# Is it possible to install OS using just your phone ?



## Harry9001 (Jan 21, 2017)

Hi,
As the title reads, Im having a blank SSD, a HDD with corrupted OS and android phone with OS iso.

Is it possible to perform an install with the above hardware or having a laptop/computer to create a bootable usb the only option ?

Thanks
PS i dont have a dvd drive although I do have windows disks


----------



## eidairaman1 (Jan 21, 2017)

Harry9001 said:


> Hi,
> As the title reads, Im having a blank SSD, a HDD with corrupted OS and android phone with OS iso.
> 
> Is it possible to perform an install with the above hardware or having a laptop/computer to create a bootable usb the only option ?
> ...



You would need drivers for the phone.
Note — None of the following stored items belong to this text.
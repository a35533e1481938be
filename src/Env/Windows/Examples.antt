-- ===== src/Env/Windows/Examples.antt =====
-- The theorems about the environment in UTF-8 at a concrete C runtime, a function of the names, whose
-- strings are those of the program.
use mmlib.Base.{
  ◌≡◌, ◌≢◌, refl, sym, ap, ◌∙◌, Bool, true, false, Option, none, some, [], ◌∷◌, ◌++◌, arith, ◌==◌,
  All, Bool-cases, inl, inr, if◌then◌else◌, ltb, replicate,
}
use mmlib.Base.Int.{ℤ}
use mmlib.Base.CString.{Bytes, codes, bytes_eq, bytes_eq→≡, bytes_eq_refl}
use mmlib.Env.Windows.{Utf16, Envstr, Envcache, Buffer, Malloc, Crt, equal_sign}
use mmlib.Env.Windows.Utf8.{split_envstr, getenv_utf8, setenv_utf8, unsetenv_utf8, get_u16env}
use mmlib.Env.Windows.Entries.{lookup}
use mmlib.Env.Windows.Agree.{Apart, IsName, IsCrt, Agrees, read, getenv_utf8-reads}
use mmlib.Env.Windows.Set.{setenv_utf8-sets}
use mmlib.Env.Windows.Unset.{unsetenv_utf8-removes}

abbrev Env : Type 0
Env = Bytes → Option Bytes

abbrev store : Env → Bytes → Option Bytes → Env
store env name value other = let kept = env other in if bytes_eq other name then value else kept

abbrev put_split : Env → Option (Bytes × Bytes) → Env × Bool
put_split env none = (env, false)
put_split env (some ([], value)) = (env, false)
put_split env (some (c ∷ name, [])) = (store env (c ∷ name) none, true)
put_split env (some (c ∷ name, d ∷ value)) = (store env (c ∷ name) (some (d ∷ value)), true)

abbrev crt : Crt Env
crt = record {
  multi_byte_to_wide_char = λ s. some s;
  wide_char_to_multi_byte = λ u. some u;
  wgetenv = λ env name. env name;
  wputenv = λ env string. put_split env (split_envstr string);
  get_environment_strings = λ env. none;
}

store-same : (env : Env) (name : Bytes) (value : Option Bytes) → store env name value name ≡ value
store-same env name value = rw (bytes_eq_refl name) refl

store-other :
    (env : Env) (name other : Bytes) (value : Option Bytes)
    → other ≢ name
    → store env name value other ≡ env other
store-other env name other value apart = elim (Bool-cases (bytes_eq other name)) [
  | inl e ↦ absurd (apart (bytes_eq→≡ other name e))
  | inr e ↦ rw e refl
]

split_envstr-append :
    (name value : Bytes)
    → All (λ c. c ≢ equal_sign) name
    → split_envstr (name ++ equal_sign ∷ value) ≡ some (name, value)
unfolding split_envstr
split_envstr-append [] value h = refl
split_envstr-append (c ∷ name) value (apart, h) =
    let no_sign : (c == equal_sign) ≡ false = ground (arith, apart) in
    rw (no_sign, split_envstr-append name value h) refl

put_name :
    (env : Env) (name value : Bytes)
    → IsName name
    → value ≢ []
    → put_split env (split_envstr (name ++ equal_sign ∷ value))
      ≡ (store env name (some value), true)
put_name env [] value (filled, h) full = absurd (filled refl)
put_name env (c ∷ name) [] (filled, h) full = absurd (full refl)
put_name env (c ∷ name) (d ∷ value) (filled, h) full =
    rw (split_envstr-append (c ∷ name) (d ∷ value) h) refl

put_empty :
    (env : Env) (name : Bytes)
    → IsName name
    → put_split env (split_envstr (name ++ equal_sign ∷ [])) ≡ (store env name none, true)
put_empty env [] (filled, h) = absurd (filled refl)
put_empty env (c ∷ name) (filled, h) = rw (split_envstr-append (c ∷ name) [] h) refl

put_other :
    (env : Env) (name value other : Bytes)
    → IsName name
    → other ≢ name
    → (put_split env (split_envstr (name ++ equal_sign ∷ value))).0 other ≡ env other
put_other env name [] other h apart =
    ap (λ r. r.0 other) (put_empty env name h) ∙ store-other env name other none apart
put_other env name (d ∷ value) other h apart =
    ap (λ r. r.0 other) (put_name env name (d ∷ value) h (λ e. ground (arith, e)))
    ∙ store-other env name other (some (d ∷ value)) apart

put-fails :
    (env : Env) (split : Option (Bytes × Bytes)) (other : Bytes)
    → (put_split env split).1 ≡ false
    → (put_split env split).0 other ≡ env other
put-fails env none other e = refl
put-fails env (some ([], value)) other e = refl
put-fails env (some (c ∷ name, [])) other e = absurd (ground (arith, e))
put-fails env (some (c ∷ name, d ∷ value)) other e = absurd (ground (arith, e))

crt-IsCrt : IsCrt crt
crt-IsCrt = record {
  fold = λ name. name;
  sets = λ env name value h full e.
      ap (λ r. r.0 name) (put_name env name value h full) ∙ store-same env name (some value);
  removes = λ env name h e. ap (λ r. r.0 name) (put_empty env name h) ∙ store-same env name none;
  others = λ env name value other h apart. put_other env name value other h apart;
  fails = λ env string other e. put-fails env (split_envstr string) other e;
  converts = λ s u e. sym e;
  empty = refl;
}

abbrev plenty : Malloc
plenty buffer size = true

abbrev empty_cache : Envcache
empty_cache = record { max_arrlen = 0; array = []; envp = [] }

abbrev with_path : Env
with_path = store (λ name. none) (codes "PATH") (some (codes "C:"))

empty-Agrees : (env : Env) → Agrees crt env empty_cache
unfolding lookup
empty-Agrees env = record { valid = tt; agrees = λ name value e. absurd (ground (arith, e)) }

name_filled : codes "LANG" ≢ []
name_filled e = ground (arith, e)

name_plain : All (λ c. c ≢ equal_sign) (codes "LANG")
name_plain = (
  λ e. omega (arith, e),
  (λ e. omega (arith, e), (λ e. omega (arith, e), (λ e. omega (arith, e), tt))),
)

value_filled : codes "C" ≢ []
value_filled e = ground (arith, e)

getenv_utf8-reads_example :
    ((getenv_utf8 crt plenty with_path empty_cache (codes "PATH")).1
      ≡ read crt with_path (codes "PATH"))
    × Agrees crt with_path (getenv_utf8 crt plenty with_path empty_cache (codes "PATH")).0
getenv_utf8-reads_example =
    getenv_utf8-reads crt plenty with_path empty_cache (codes "PATH") (empty-Agrees with_path)
      (λ v e k. ground (arith, k)) (λ buffer size. refl)

empty-Apart : (n : Utf16) → Apart crt crt-IsCrt empty_cache (codes "LANG") n
unfolding lookup
empty-Apart n other u differs cached e = absurd (cached refl)

setenv_utf8-sets_example :
    let (after, cached, status) =
      setenv_utf8 crt plenty with_path empty_cache (codes "LANG") (codes "C") false in
    ((getenv_utf8 crt plenty after cached (codes "LANG")).1 ≡ some (codes "C"))
    × (read crt after (codes "LANG") ≡ some (codes "C"))
    × ((other : Bytes) (u : Utf16)
        → some other ≡ some u
        → crt-IsCrt.fold u ≢ crt-IsCrt.fold (codes "LANG")
        → read crt after other ≡ read crt with_path other)
    × Agrees crt after cached
unfolding setenv_utf8 mmlib.Env.Windows.find_or_create mmlib.Env.Windows.envcache_find_entry
    mmlib.Env.Windows.find_entry mmlib.Env.Windows.envcache_create_entry
    mmlib.Env.Windows.grow_array mmlib.Env.Windows.envstr_init mmlib.Env.Windows.envstr_set_value
    mmlib.Env.Windows.envstr_resize_value split_envstr
setenv_utf8-sets_example =
    setenv_utf8-sets crt crt-IsCrt plenty plenty with_path empty_cache (codes "LANG") (codes "C")
      false (codes "LANG") (empty-Agrees with_path) (empty-Apart (codes "LANG")) refl
      (name_filled, name_plain) value_filled refl refl

unsetenv_utf8-removes_example :
    let (after, cached, status) = unsetenv_utf8 crt with_path empty_cache (codes "LANG") in
    ((getenv_utf8 crt plenty after cached (codes "LANG")).1 ≡ none)
    × (read crt after (codes "LANG") ≡ none)
    × ((other : Bytes) (u : Utf16)
        → some other ≡ some u
        → crt-IsCrt.fold u ≢ crt-IsCrt.fold (codes "LANG")
        → read crt after other ≡ read crt with_path other)
    × Agrees crt after cached
unfolding unsetenv_utf8 split_envstr
unsetenv_utf8-removes_example =
    unsetenv_utf8-removes crt crt-IsCrt plenty with_path empty_cache (codes "LANG") (codes "LANG")
      (empty-Agrees with_path) (empty-Apart (codes "LANG")) refl (name_filled, name_plain) refl

-- The value that a call finds in the C runtime.
getenv_utf8-path :
    (getenv_utf8 crt plenty with_path empty_cache (codes "PATH")).1 ≡ some (codes "C:")
unfolding getenv_utf8 mmlib.Env.Windows.envcache_find_entry mmlib.Env.Windows.find_entry get_u16env
    mmlib.Env.Windows.envcache_create_entry mmlib.Env.Windows.grow_array
    mmlib.Env.Windows.envstr_init mmlib.Env.Windows.envstr_set_value
    mmlib.Env.Windows.envstr_resize_value mmlib.Env.Windows.envstr_get_value
getenv_utf8-path = refl

-- A value that the new buffer is too short for, when it cannot be made longer: the first call returns NULL and
-- the second one an empty value.
abbrev short : Malloc
short buffer size = ltb size 80

abbrev with_long : Env
with_long = store (λ name. none) (codes "PATH") (some (replicate 90 b'a'))

abbrev first_call : Envcache × Option Bytes
first_call = getenv_utf8 crt short with_long empty_cache (codes "PATH")

getenv_utf8-short_first : first_call.1 ≡ none
unfolding getenv_utf8 mmlib.Env.Windows.envcache_find_entry mmlib.Env.Windows.find_entry get_u16env
    mmlib.Env.Windows.envcache_create_entry mmlib.Env.Windows.grow_array
    mmlib.Env.Windows.envstr_init mmlib.Env.Windows.envstr_set_value
    mmlib.Env.Windows.envstr_resize_value
getenv_utf8-short_first = refl

getenv_utf8-short_second :
    (getenv_utf8 crt plenty with_long first_call.0 (codes "PATH")).1 ≡ some []
unfolding getenv_utf8 mmlib.Env.Windows.envcache_find_entry mmlib.Env.Windows.find_entry get_u16env
    mmlib.Env.Windows.envcache_create_entry mmlib.Env.Windows.grow_array
    mmlib.Env.Windows.envstr_init mmlib.Env.Windows.envstr_set_value
    mmlib.Env.Windows.envstr_resize_value mmlib.Env.Windows.matches
    mmlib.Env.Windows.envstr_get_value
getenv_utf8-short_second = refl

-- An empty value removes the variable of the C runtime, and stays in the cache.
abbrev set_empty : Env × Envcache × ℤ
set_empty = setenv_utf8 crt plenty with_path empty_cache (codes "PATH") [] true

setenv_utf8-empty :
    ((getenv_utf8 crt plenty set_empty.0 set_empty.1 (codes "PATH")).1 ≡ some [])
    × (read crt set_empty.0 (codes "PATH") ≡ none)
unfolding getenv_utf8 setenv_utf8 mmlib.Env.Windows.envcache_find_entry mmlib.Env.Windows.find_entry
    mmlib.Env.Windows.find_or_create mmlib.Env.Windows.envcache_create_entry
    mmlib.Env.Windows.grow_array mmlib.Env.Windows.envstr_init mmlib.Env.Windows.envstr_set_value
    mmlib.Env.Windows.envstr_resize_value split_envstr mmlib.Env.Windows.matches
    mmlib.Env.Windows.envstr_get_value read get_u16env
setenv_utf8-empty = (refl, refl)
Get a usb flash drive


----------



## blobster21 (Jan 21, 2017)

The "iso" will need to be mounted at some point, and i don't see how your phone could become a bootable source.


----------



## eidairaman1 (Jan 21, 2017)

blobster21 said:


> The "iso" will need to be mounted at some point, and i don't see how your phone could become a bootable source.



It wont work. I use a program called  "iso to usb" for thumb drives


----------



## Harry9001 (Jan 21, 2017)

Yep that is exactly what I thought, so I would need another computer.... oh well, guess gotto ask one of my friends then


----------



## Jetster (Jan 21, 2017)

You can buy Install USB drives for Windows


----------